Musik in 1.000 Zeichen: Petrels – »Flailing Tomb«

Petrels - FlailingTomb

Auch auf seinem vierten Album geht Oliver Barrett weiter unbeirrt seinen Weg. Auf »Flailing Tomb« [Partnerlink] erreicht der Brite, der musikalisch unter dem Künstlernamen Petrels firmiert, die nächste Stufe der eigenen Entwicklung. Mit dumpfem Knistern, das schon bald zu choralen Drone-Klängen gerinnt, beginnt eine atemberaubende Dreiviertelstunde.

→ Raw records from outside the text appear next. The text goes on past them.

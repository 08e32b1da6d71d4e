-- ===== src/Search/Keys.antt =====
-- The primary keys of the authoritative tables hold after every write of internal/search.
use gophercast.Prelude.{
  String, Bool, true, false, Option, none, some, List, [], ◌∷◌, ok, err, Result, inl, inr,
  if◌then◌else◌, Bool-cases, Option-cases,
}
use gophercast.Acl.Policy as Policy
use gophercast.Acl.Policy.{Scope, event, series, Entry, set_tx}
use gophercast.Search.Rows.{Package, Db}
use gophercast.Search.Project.{
  Error, is_some, find_package, find_series, put_event, put_series_row, is_live_series,
  refresh_series, refresh_series_of, project_package, project_event, project_events, live_members,
  project_series, begin_func, acl_result, set_acl_tx, ◌>>=◌, project_scope, set_acl_body, set_acl,
  set_events_acl, set_series_acl_body, set_series_acl, rebuild,
}
use gophercast.Search.Members.{IsKeyed, rebuild_lem}

-- Of a transaction's result, if it commits.
abbrev pub Keeps : Result Error Db → Type 0
Keeps (ok after) = IsKeyed after
Keeps (err e) = Unit {0}

pub begin_func-IsKeyed :
    (r : Result Error Db) (db : Db) → IsKeyed db → Keeps r → IsKeyed (begin_func r db).1
begin_func-IsKeyed (ok after) db k h = h
begin_func-IsKeyed (err e) db k h = k

pub bind-Keeps :
    (r : Result Error Db) (f : Db → Result Error Db)
    → Keeps r
    → ((db : Db) → IsKeyed db → Keeps (f db))
    → Keeps (r >>= f)
bind-Keeps (ok after) f h k = k after h
bind-Keeps (err e) f h k = tt

pub guard-Keeps : (b : Bool) (e : Error) (db : Db) → IsKeyed db → Keeps (if b then ok db else err e)
guard-Keeps true e db k = k
guard-Keeps false e db k = tt

refresh_series-IsKeyed : (s : String) (db : Db) → IsKeyed db → IsKeyed (refresh_series s db)
unfolding refresh_series put_series_row
refresh_series-IsKeyed s db k = elim (Bool-cases (is_live_series (find_series s db))) [
  | inr gone ↦ rw gone (record { packages = k.packages; series = k.series })
  | inl live ↦ rw live (elim (Option-cases (find_series s db)) [
    | inl f ↦ rw f k
    | inr (r, f) ↦ rw f (record { packages = k.packages; series = k.series })
  ])
]

refresh_series_of-IsKeyed :
    (s : Option String) (db : Db) → IsKeyed db → IsKeyed (refresh_series_of s db)
refresh_series_of-IsKeyed none db k = k
refresh_series_of-IsKeyed (some s) db k = refresh_series-IsKeyed s db k

put_event-IsKeyed : (o : Option Package) (db : Db) → IsKeyed db → IsKeyed (put_event o db)
unfolding put_event
put_event-IsKeyed none db k = k
put_event-IsKeyed (some mp) db k = record { packages = k.packages; series = k.series }

project_package-Keeps :
    (id : String) (o : Option Package) (db : Db) → IsKeyed db → Keeps (project_package id o db)
unfolding project_package
project_package-Keeps id none db k = tt
project_package-Keeps id (some mp) db k = elim (Bool-cases (is_some mp.deleted_at)) [
  | inl gone ↦ rw gone (
      refresh_series_of-IsKeyed mp.series_id _
        (record { packages = k.packages; series = k.series }))
  | inr live ↦
      rw live
        (refresh_series_of-IsKeyed mp.series_id _ (put_event-IsKeyed (find_package id db) db k))
]

pub project_event-Keeps : (id : String) (db : Db) → IsKeyed db → Keeps (project_event id db)
unfolding project_event
project_event-Keeps id db k = project_package-Keeps id (find_package id db) db k

project_events-IsKeyed :
    (ids : List String) (db : Db) → IsKeyed db → IsKeyed (project_events ids db)
unfolding project_events
project_events-IsKeyed [] db k = k
project_events-IsKeyed (id ∷ ids) db k =
    project_events-IsKeyed ids _ (put_event-IsKeyed (find_package id db) db k)

pub project_series-IsKeyed : (s : String) (db : Db) → IsKeyed db → IsKeyed (project_series s db)
unfolding project_series
project_series-IsKeyed s db k =
    refresh_series-IsKeyed s _ (project_events-IsKeyed (live_members s db) db k)

acl_result-Keeps :
    (r : Result Policy.Error (Unit {0})) (t : Policy.Tables) (db : Db)
    → IsKeyed db
    → Keeps (acl_result (r, t) db)
acl_result-Keeps (ok done) t db k = record { packages = k.packages; series = k.series }
acl_result-Keeps (err e) t db k = tt

set_acl_tx-Keeps :
    (scope : Scope) (id : String) (es : List Entry) (db : Db)
    → IsKeyed db
    → Keeps (set_acl_tx scope id es db)
unfolding set_acl_tx
set_acl_tx-Keeps scope id es db k =
    let (r, t) = set_tx scope id es db.acl in acl_result-Keeps r t db k

project_scope-Keeps :
    (scope : Scope) (id : String) (db : Db) → IsKeyed db → Keeps (project_scope scope id db)
project_scope-Keeps event id db k = project_event-Keeps id db k
project_scope-Keeps series id db k = project_series-IsKeyed id db k

pub set_acl-IsKeyed :
    (scope : Scope) (id : String) (es : List Entry) (db : Db)
    → IsKeyed db
    → IsKeyed (set_acl scope id es db).1
unfolding set_acl set_acl_body
set_acl-IsKeyed scope id es db k = begin_func-IsKeyed _ db k (
    bind-Keeps (set_acl_tx scope id es db) (project_scope scope id)
      (set_acl_tx-Keeps scope id es db k) (project_scope-Keeps scope id))

set_events_acl-Keeps :
    (ids : List String) (es : List Entry) (db : Db) → IsKeyed db → Keeps (set_events_acl ids es db)
unfolding set_events_acl
set_events_acl-Keeps [] es db k = k
set_events_acl-Keeps (id ∷ ids) es db k =
    bind-Keeps (set_acl_tx event id es db) (set_events_acl ids es)
      (set_acl_tx-Keeps event id es db k) (set_events_acl-Keeps ids es)

override-Keeps :
    (override : Bool) (id : String) (es : List Entry) (db : Db)
    → IsKeyed db
    → Keeps (if override then set_events_acl (live_members id db) es db else ok db)
override-Keeps true id es db k = set_events_acl-Keeps (live_members id db) es db k
override-Keeps false id es db k = k

pub set_series_acl-IsKeyed :
    (id : String) (es : List Entry) (override : Bool) (db : Db)
    → IsKeyed db
    → IsKeyed (set_series_acl id es override db).1
unfolding set_series_acl set_series_acl_body
set_series_acl-IsKeyed id es override db k = begin_func-IsKeyed _ db k (
    bind-Keeps (set_acl_tx series id es db) _ (set_acl_tx-Keeps series id es db k) (λ w h.
      bind-Keeps (if override then set_events_acl (live_members id w) es w else ok w) _
        (override-Keeps override id es w h) (λ o g. project_series-IsKeyed id o g)))

pub rebuild-IsKeyed : (db : Db) → IsKeyed db → IsKeyed (rebuild db)
rebuild-IsKeyed db k =
    let (evs, rows, e, c) = rebuild_lem db k in
    rw e (record { packages = k.packages; series = k.series })
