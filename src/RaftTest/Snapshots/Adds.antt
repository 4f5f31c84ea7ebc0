-- ===== src/RaftTest/Snapshots/Adds.antt =====
-- A server that takes snapshots adds the commands to its copy as one that does not.
use pluggable_sharded_fault.Base.{
  ℕ, zero, suc, ◌≡◌, ◌≢◌, refl, sym, Bool, true, false, Option, some, List, [], ◌∷◌, ℤ, pos, has,
  insert, arith, ok, get_elem?, set, Outcome-cases, int_eq, Bool-cases, Option-cases, inl, inr, ap,
  ◌∙◌, ◌<ℤ◌,
}
use mathlib.Core.Path.{subst}
use pluggable_sharded_fault.RaftTest.Logs.{
  Command, command_eq, ApplyMsg, Rfsrv, Test, decr, disagrees, check_logs,
}
use pluggable_sharded_fault.RaftTest.Snapshots.{
  take_snapshot, check_next, finish_command, apply_command, applier_snap,
}
use pluggable_sharded_fault.RaftTest.Logs.Agree.{Adds}

module _ {ℓ} {A : Type ℓ} where
  set-set : (xs : List A) (i : ℕ) (v w : A) → set (set xs i v) i w ≡ set xs i w
  set-set [] i v w = refl
  set-set (x ∷ xs) zero v w = refl
  set-set (x ∷ xs) (suc i) v w = ap (λ l. x ∷ l) (set-set xs i v w)

  get_elem?-set_same :
      (xs : List A) (i : ℕ) (v : A) {x : A}
      → get_elem? xs i ≡ some x
      → get_elem? (set xs i v) i ≡ some v
  get_elem?-set_same [] i v h = cc
  get_elem?-set_same (x ∷ xs) zero v h = refl
  get_elem?-set_same (x ∷ xs) (suc i) v h = get_elem?-set_same xs i v h

abbrev added : ApplyMsg → Rfsrv → Rfsrv
added m old = record old { logs = insert m.command_index m.command old.logs }

check_next_lem :
    (i : ℕ) (m : ApplyMsg) (old : Rfsrv) (ts checked : Test)
    → get_elem? ts.srvs i ≡ some old
    → check_next i m old ts ≡ ok (checked, false)
    → (checked.srvs ≡ set ts.srvs i (added m old))
      × (disagrees m.command_index m.command ts.srvs ≡ false)
      × (pos 1 <ℤ m.command_index → has (decr m.command_index) old.logs ≡ true)
unfolding check_next check_logs
check_next_lem i m old ts checked at h =
    (ground (arith, h, at), ground (arith, h, at), λ high. ground (arith, h, at, high))

module _ (encode : ℤ → List Command → List ℕ) (i : ℕ) (m : ApplyMsg) where
  take_snapshot-logs :
      (rs done : Rfsrv)
      → take_snapshot encode m.command_index rs ≡ ok done
      → (done.logs ≡ rs.logs) × (done.apply_err ≡ rs.apply_err)
  unfolding take_snapshot
  take_snapshot-logs rs done h = (ground (arith, h), ground (arith, h))

  finish_command_lem :
      (checked us : Test) (wrong : Bool) (rs : Rfsrv)
      → get_elem? checked.srvs i ≡ some rs
      → finish_command encode i m checked wrong ≡ ok us
      → (wrong ≡ false)
        × ((done : Rfsrv) × (done.logs ≡ rs.logs)
            × (done.apply_err ≡ rs.apply_err)
            × (us.srvs ≡ set checked.srvs i done))
  unfolding finish_command
  finish_command_lem checked us wrong rs at h =
      let last : Rfsrv = record rs { last_applied = m.command_index } in
      elim (Outcome-cases (take_snapshot encode m.command_index last)) [
        | inl (done, e) ↦ (
          ground (arith, h, at, e),
          (
            done,
            (take_snapshot-logs last done e).0,
            (take_snapshot-logs last done e).1,
            ground (arith, h, at, e),
          ),
        )
        | inr e ↦ absurd (ground (arith, h, at, e))
      ]

  finish_command-wrong : (checked us : Test) → finish_command encode i m checked true ≢ ok us
  unfolding finish_command
  finish_command-wrong checked us h = elim (Option-cases (get_elem? checked.srvs i)) [
    | inl e ↦ ground (arith, h, e)
    | inr (rs, e) ↦ cc ((finish_command_lem checked us true rs e h).0)
  ]

  apply_command-Adds :
      (old : Rfsrv) (ts us : Test)
      → get_elem? ts.srvs i ≡ some old
      → apply_command encode i m old ts ≡ ok us
      → Adds i m ts us
  unfolding apply_command
  apply_command-Adds old ts us at h = elim (Outcome-cases (check_next i m old ts)) [
    | inr e ↦ absurd (ground (arith, h, e))
    | inl ((checked, true), e) ↦ absurd (finish_command-wrong checked us (ground (arith, h, e)))
    | inl ((checked, false), e) ↦
        let (srvs, quiet, before) = check_next_lem i m old ts checked at e in
        let there : get_elem? checked.srvs i ≡ some (added m old) =
          subst (λ l. get_elem? l i ≡ some (added m old)) (sym srvs)
            (get_elem?-set_same ts.srvs i (added m old) at) in
        let (_, (done, logs, fine, ends)) =
          finish_command_lem checked us false (added m old) there (ground (arith, h, e)) in
        inr (
          old,
          done,
          at,
          ends ∙ ap (λ l. set l i done) srvs ∙ set-set ts.srvs i (added m old) done,
          logs,
          fine,
          quiet,
          before,
        )
  ]

  -- `applierSnap`, with a message that is not a snapshot
  pub applier_snap-Adds :
      (decode : List ℕ → Option (ℤ × List Command)) (ts us : Test)
      → m.snapshot_valid ≡ false
      → applier_snap encode decode i m ts ≡ ok us
      → Adds i m ts us
  unfolding applier_snap
  applier_snap-Adds decode ts us plain h = elim (Option-cases (get_elem? ts.srvs i)) [
    | inl e ↦ absurd (ground (arith, h, e))
    | inr (old, at) ↦ elim (Bool-cases m.command_valid) [
      | inr off ↦ inl (ground (arith, h, at, plain, off))
      | inl on ↦ apply_command-Adds old ts us at (ground (arith, h, at, plain, on))
    ]
  ]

Elegisch wälzen die Themen auf den Hörer zu, von Minute zu Minute steigert sich die Zahl der übereinander liegenden Soundschichten. Klang auf Klang auf Klang stapelt Barrett und reißt den Hörer mit jeder Überlagerung tiefer hinein in dieses Meisterwerk. Das hymnische »Orpheus« stellt mit seinen Chören zur Mitte des Albums einen klanglichen Höhe- und gleichzeitig Wendepunkt dar.

Die zweite Hälfte von »Flailing Tomb« besteht dann zu einem Großteil aus der Adaption eines alternativen Soundtracks zu Godards »Alphaville« – wieder nimmt ein im Brachialen endendes Crescendo seinen stillen Ausgang, um rund 20 Minuten später im Choralen zu explodieren. Mitreißend bis zur letzten Sekunde.